Google is proud to be an equal opportunity and affirmative action employer. We are committed to building a workforce that is representative of the users we serve, creating a culture of belonging, and providing an equal employment opportunity regardless of race, creed, color, religion, gender, sexual orientation, gender identity/expression, national origin, disability, age, genetic information, veteran status, marital status, pregnancy or related condition (including breastfeeding), expecting or parents-to-be, criminal histories consistent with legal requirements, or any other basis protected by law.
Google is a global company and, in order to facilitate efficient collaboration and communication globally, English proficiency is a requirement for all roles unless stated otherwise in the job posting.
Software Engineer III, TPU Compiler employer: Google Inc.
Contact Detail:
Google Inc. Recruiting Team
StudySmarter Expert Advice 🤫
We think this is how you could land Software Engineer III, TPU Compiler
✨Tip Number 1
Network like a pro! Reach out to current or former employees at Google, especially those in similar roles. A friendly chat can give you insider info and maybe even a referral, which can really boost your chances.
✨Tip Number 2
Prepare for technical interviews by brushing up on your coding skills and algorithms. Use platforms like LeetCode or HackerRank to practice. We all know that nailing the technical part is key to landing that software engineer gig!
✨Tip Number 3
Show off your projects! Whether it's on GitHub or your personal website, having a portfolio of your work can set you apart. Make sure to highlight any experience with ML infrastructure or compilers, as that's right up Google's alley.
✨Tip Number 4
Don’t forget to apply through our website! It’s the best way to ensure your application gets seen. Plus, it shows you're serious about joining the team. Let’s get you that dream job!
We think you need these skills to ace Software Engineer III, TPU Compiler
Some tips for your application 🫡
Show Off Your Skills: Make sure to highlight your experience with C++ and any relevant ML infrastructure work. We want to see how you've tackled problems in the past, so don’t hold back on those examples!
Tailor Your Application: Take a moment to customise your application for this role. Mention specific projects or experiences that align with the responsibilities of developing the TPU compiler. It shows us you’re genuinely interested!
Be Clear and Concise: When writing your application, keep it straightforward. Use clear language and avoid jargon unless it's necessary. We appreciate a well-structured application that’s easy to read.

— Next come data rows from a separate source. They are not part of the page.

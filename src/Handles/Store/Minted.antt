-- ===== src/Handles/Store/Minted.antt =====
-- Whatever the program does with the store, a handle resolves only to a record it was minted for.
use mangarr_gateway.Prelude.{
  All, Bool, List, Option, String, [], false, if◌then◌else◌, inl, inr, none, refl, some, true, ℕ,
  ◌∷◌, ◌≡◌, ◌⊎◌,
}
use mangarr_gateway.Handles.Record.{ResolutionRecord}
use mangarr_gateway.Handles.Store.Holds.{
  Holds, CacheHolds, RowsHold, rows_of, mint-Holds, resolve-Holds, rehydrate-Holds, persist-Holds,
}
use mangarr_gateway.Handles.Store.{
  Row, record_from_row, TtlCache, HandleStore, mint, resolve, rehydrate, open_store, persist,
}

-- A call of the program, or a restart, with the readings of the clocks.
pub data Call : Type 0 where
  minting : String → Bool → ℕ → ℕ → ResolutionRecord → Call
  resolving : ℕ → ℕ → String → Call
  rehydrating : ℕ → ℕ → Call
  persisting : Bool → Call
  restarting : ℕ → ℕ → Call

-- The calls have minted this record under this handle.
abbrev pub Minted : List Call → String → ResolutionRecord → Type 0
Minted [] h r = ⊥
Minted (minting token loop mono wall q ∷ cs) h r = ((h ≡ token) × (r ≡ q)) ⊎ Minted cs h r
Minted (_ ∷ cs) h r = Minted cs h r

later-Minted :
    (c : Call) (cs : List Call) (k : String) (r : ResolutionRecord)
    → Minted cs k r
    → Minted (c ∷ cs) k r
later-Minted (minting token loop mono wall q) cs k r m = inr m
later-Minted (resolving mono wall h) cs k r m = m
later-Minted (rehydrating mono wall) cs k r m = m
later-Minted (persisting w) cs k r m = m
later-Minted (restarting mono wall) cs k r m = m

first :
    (c : Call) (cs : List Call) (k : String) (r : ResolutionRecord)
    → Minted (c ∷ []) k r
    → Minted (c ∷ cs) k r
first (minting token loop mono wall q) cs k r (inl m) = inl m
first (minting token loop mono wall q) cs k r (inr m) = elim m [ ]
first (resolving mono wall h) cs k r m = elim m [ ]
first (rehydrating mono wall) cs k r m = elim m [ ]
first (persisting w) cs k r m = elim m [ ]
first (restarting mono wall) cs k r m = elim m [ ]

no_rows :
    (cs : List Call) (connected : Bool)
    → All
        (λ x. Minted cs x.handle (record_from_row x))
        (rows_of (if connected then some [] else none))
no_rows cs true = tt
no_rows cs false = tt

module _ {C : Type 0} (ops : TtlCache C) where
  unfoldable pub call : Call → HandleStore C → HandleStore C
  unfolding mint resolve rehydrate persist open_store
  call (minting token loop mono wall r) s = (mint ops token loop mono wall r s).1
  call (resolving mono wall h) s = (resolve ops mono wall h s).1
  call (rehydrating mono wall) s = (rehydrate ops mono wall s).1
  call (persisting written) s = persist written s
  call (restarting mono wall) s = elim s.rows [
    | none ↦ s
    | some rows ↦ open_store ops mono wall rows
  ]

  -- The latest call stands first.
  unfoldable pub calls : List Call → HandleStore C → HandleStore C
  unfolding call
  calls [] s = s
  calls (c ∷ cs) s = call c (calls cs s)

  module _ (P : String → ResolutionRecord → Type 0) where
    restart-Holds :
        (mono wall : ℕ) (c : C) (o : Option (List Row)) (ps : List Row)
        → CacheHolds ops P c
        → RowsHold ops P (rows_of o)
        → RowsHold ops P ps
        → Holds ops P (call (restarting mono wall) (record { cache = c; rows = o; pending = ps }))
    unfolding call open_store
    restart-Holds mono wall c none ps h rs qs = record { cache = h; rows = rs; pending = qs }
    restart-Holds mono wall c (some rows) ps h rs qs =
        rehydrate-Holds ops P mono wall ops.empty (some rows) []
          (λ now k r e. let n = ops.get-empty now k in cc) rs tt

    call-Holds :
        (c : Call) (s : HandleStore C)
        → ((k : String) (r : ResolutionRecord) → Minted (c ∷ []) k r → P k r)
        → Holds ops P s
        → Holds ops P (call c s)
    unfolding call
    call-Holds (minting token loop mono wall r) s m h =
        mint-Holds ops P token loop mono wall r s.cache s.rows s.pending
          (m token r (inl (refl, refl))) h.cache h.rows h.pending
    call-Holds (resolving mono wall k) s m h = (resolve-Holds ops P mono wall k s h).0
    call-Holds (rehydrating mono wall) s m h =
        rehydrate-Holds ops P mono wall s.cache s.rows s.pending h.cache h.rows h.pending
    call-Holds (persisting w) s m h =
        persist-Holds ops P w s.cache s.rows s.pending h.cache h.rows h.pending
    call-Holds (restarting mono wall) s m h =
        restart-Holds mono wall s.cache s.rows s.pending h.cache h.rows h.pending

    calls-Holds :
        (cs : List Call) (s : HandleStore C)
        → ((k : String) (r : ResolutionRecord) → Minted cs k r → P k r)
        → Holds ops P s
        → Holds ops P (calls cs s)
    unfolding calls
    calls-Holds [] s m h = h
    calls-Holds (c ∷ cs) s m h =
        call-Holds c (calls cs s) (λ k r x. m k r (first c cs k r x))
          (calls-Holds cs s (λ k r x. m k r (later-Minted c cs k r x)) h)

  -- From an empty store, with or without a table, after any calls and restarts in any order and at
  -- any times, a handle that resolves gives a record that was minted under this handle.
  pub resolve-Minted :
      (cs : List Call) (connected : Bool) (mono wall : ℕ) (h : String) (r : ResolutionRecord)
      → (resolve ops mono wall h (
          calls cs (record {
            cache = ops.empty;
            rows = if connected then some [] else none;
            pending = [];
          }))).0
        ≡ some r
      → Minted cs h r
  resolve-Minted cs connected mono wall h r e =
      let start : Holds ops (Minted cs)
          (record { cache = ops.empty; rows = if connected then some [] else none; pending = [] }) =
        record {
          cache = λ now k q g. let n = ops.get-empty now k in cc;
          rows = no_rows cs connected;
          pending = tt;
        } in
      (resolve-Holds ops (Minted cs) mono wall h _
          (calls-Holds (Minted cs) cs _ (λ k q x. x) start)).1
        r e
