-- ===== src/Handles/Tests.antt =====
-- A concrete cache, which evicts nothing, and concrete inputs for the theorems on the handles.
use mangarr_gateway.Prelude.{
  Bool-cases, List, Option, String, [], arith, beq_refl, false, if◌then◌else◌, inl, inr, keep, ltb,
  lt→ltb, none, refl, some, string_eq, sym, true, ℕ, ◌+◌, ◌<◌, ◌==◌, ◌∙◌, ◌∷◌, ◌≡◌, ◌≤◌,
}
use mangarr_gateway.Prelude.Dict
use mangarr_gateway.Prelude.Dict.{Dict}
use mangarr_gateway.Handles.Record.{ResolutionRecord}
use mangarr_gateway.Handles.Store.{
  Row, row_values, record_from_row, TtlCache, HandleStore, replace, select, mint, resolve,
  resolve_from_db, load, rehydrate, open_store, persist,
}
use mangarr_gateway.Handles.Store.Fresh.{resolve-warmed}
use mangarr_gateway.Handles.Store.Minted.{
  Call, minting, persisting, restarting, calls, call, Minted, resolve-Minted,
}

abbrev Entries : Type 0
Entries = Dict String (ResolutionRecord × ℕ)

abbrev fresh : ℕ → Option (ResolutionRecord × ℕ) → Option ResolutionRecord
fresh now none = none
fresh now (some (r, expiry)) = if ltb now expiry then some r else none

fresh_put :
    (now later : ℕ) (k : String) (r : ResolutionRecord) (c : Entries)
    → now ≤ later
    → later < now + 10
    → fresh later (Dict.get (Dict.put c k (r, now + 10)) k) ≡ some r
fresh_put now later k r c l b =
    rw (Dict.get-put c k (r, now + 10) k, beq_refl k, lt→ltb later (now + 10) b) refl

put_same :
    (now later : ℕ) (k : String) (r q : ResolutionRecord) (c : Entries)
    → fresh later (Dict.get (Dict.put c k (r, now + 10)) k) ≡ some q
    → q ≡ r
put_same now later k r q c g = elim (Bool-cases (ltb later (now + 10))) [
  | inl e ↦
      let t : fresh later (Dict.get (Dict.put c k (r, now + 10)) k) ≡ some r =
        rw (Dict.get-put c k (r, now + 10) k, beq_refl k, e) refl in
      cc
  | inr e ↦
      let t : fresh later (Dict.get (Dict.put c k (r, now + 10)) k) ≡ none =
        rw (Dict.get-put c k (r, now + 10) k, beq_refl k, e) refl in
      cc
]

put_other :
    (now later : ℕ) (k j : String) (r q : ResolutionRecord) (c : Entries)
    → (k == j) ≡ false
    → fresh later (Dict.get (Dict.put c k (r, now + 10)) j) ≡ some q
    → fresh later (Dict.get c j) ≡ some q
put_other now later k j r q c n g =
    let t : fresh later (Dict.get (Dict.put c k (r, now + 10)) j) ≡ fresh later (Dict.get c j) =
      rw (Dict.get-put c k (r, now + 10) j, n) refl in
    sym t ∙ g

empty_none : (now : ℕ) (k : String) → fresh now (Dict.get {V = ResolutionRecord × ℕ} [] k) ≡ none
unfolding Dict.get
empty_none now k = refl

abbrev entries : TtlCache Entries
entries = record {
  ttl = 10;
  empty = [];
  get = λ now k c. fresh now (Dict.get c k);
  put = λ now k r c. Dict.put c k (r, now + 10);
  get-empty = empty_none;
  get-put = fresh_put;
  get-put_same = put_same;
  get-put_other = put_other;
}

abbrev release : ResolutionRecord
release = record {
  source_key = "mangadex";
  chapter_id = "c1";
  language = "en";
  title = "One";
  manga_title = some "Series";
  chapter_number = some "1.5";
  volume = none;
  scanlation_group = none;
  page_count = some 20;
}

abbrev opened : HandleStore Entries
opened = record { cache = []; rows = some []; pending = [] }

abbrev row : Row
row = record {
  handle = "h";
  source_key = "mangadex";
  chapter_id = "c1";
  language = "en";
  title = "One";
  manga_title = some "Series";
  chapter_number = some "1.5";
  volume = none;
  scanlation_group = none;
  page_count = some 20;
  expires_at = 110;
}

abbrev stored : HandleStore Entries
stored = record { cache = []; rows = some (row ∷ []); pending = [] }

answered : (resolve entries 5 109 "h" stored).0 ≡ some release
unfolding Dict.get Dict.put resolve resolve_from_db select record_from_row keep
answered = refl

-- At the wall time 118 the row has expired at 110.
resolve-warmed_example :
    (resolve entries 14 118 "h" (resolve entries 5 109 "h" stored).1).0 ≡ some release
unfolding Dict.get
resolve-warmed_example =
    resolve-warmed entries 5 109 14 118 "h" (row ∷ []) release stored refl refl answered
      (omega arith) (omega arith)

abbrev history : List Call
history = restarting 0 105 ∷ persisting true ∷ minting "h" true 3 100 release ∷ []

resolved : (resolve entries 2 106 "h" (calls entries history opened)).0 ≡ some release
unfolding Dict.get Dict.put resolve calls call persist mint row_values record_from_row open_store
    rehydrate load replace keep
resolved = refl

resolve-Minted_example : Minted history "h" release
resolve-Minted_example = resolve-Minted entries history true 2 106 "h" release resolved
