-- ===== src/Jobs.antt =====
-- src/manga_gateway/jobs: the download jobs, their durable table, the manager and the engine.
pub mod Model
pub mod Row
pub mod Store
pub mod Manager
pub mod Engine
mod Tests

Apply Through Our Website: Don’t forget to submit your application through our website! It’s the best way for us to receive your details and ensures you’re considered for the role. We can’t wait to hear from you!
How to prepare for a job interview at Google Inc.
✨Know Your Tech Inside Out
Make sure you brush up on your C++ skills and be ready to discuss your experience with machine learning infrastructure. Be prepared to dive deep into your understanding of data structures, algorithms, and compiler construction, as these are crucial for the role.
✨Showcase Your Problem-Solving Skills
Prepare examples from your past experiences where you've successfully solved complex problems or optimised processes. Highlight any mentoring you've done with junior team members, as this shows leadership qualities that Google values.
✨Familiarise Yourself with Google's Tech Stack
Research the technologies and tools used at Google, especially those related to TPU and GPU programming. Understanding how large-scale systems operate will give you an edge in discussions about performance analysis and optimisation.
✨Ask Insightful Questions
Prepare thoughtful questions about the team dynamics, ongoing projects, and future challenges. This not only shows your interest in the role but also demonstrates your enthusiasm for contributing to Google's mission of pushing technology forward.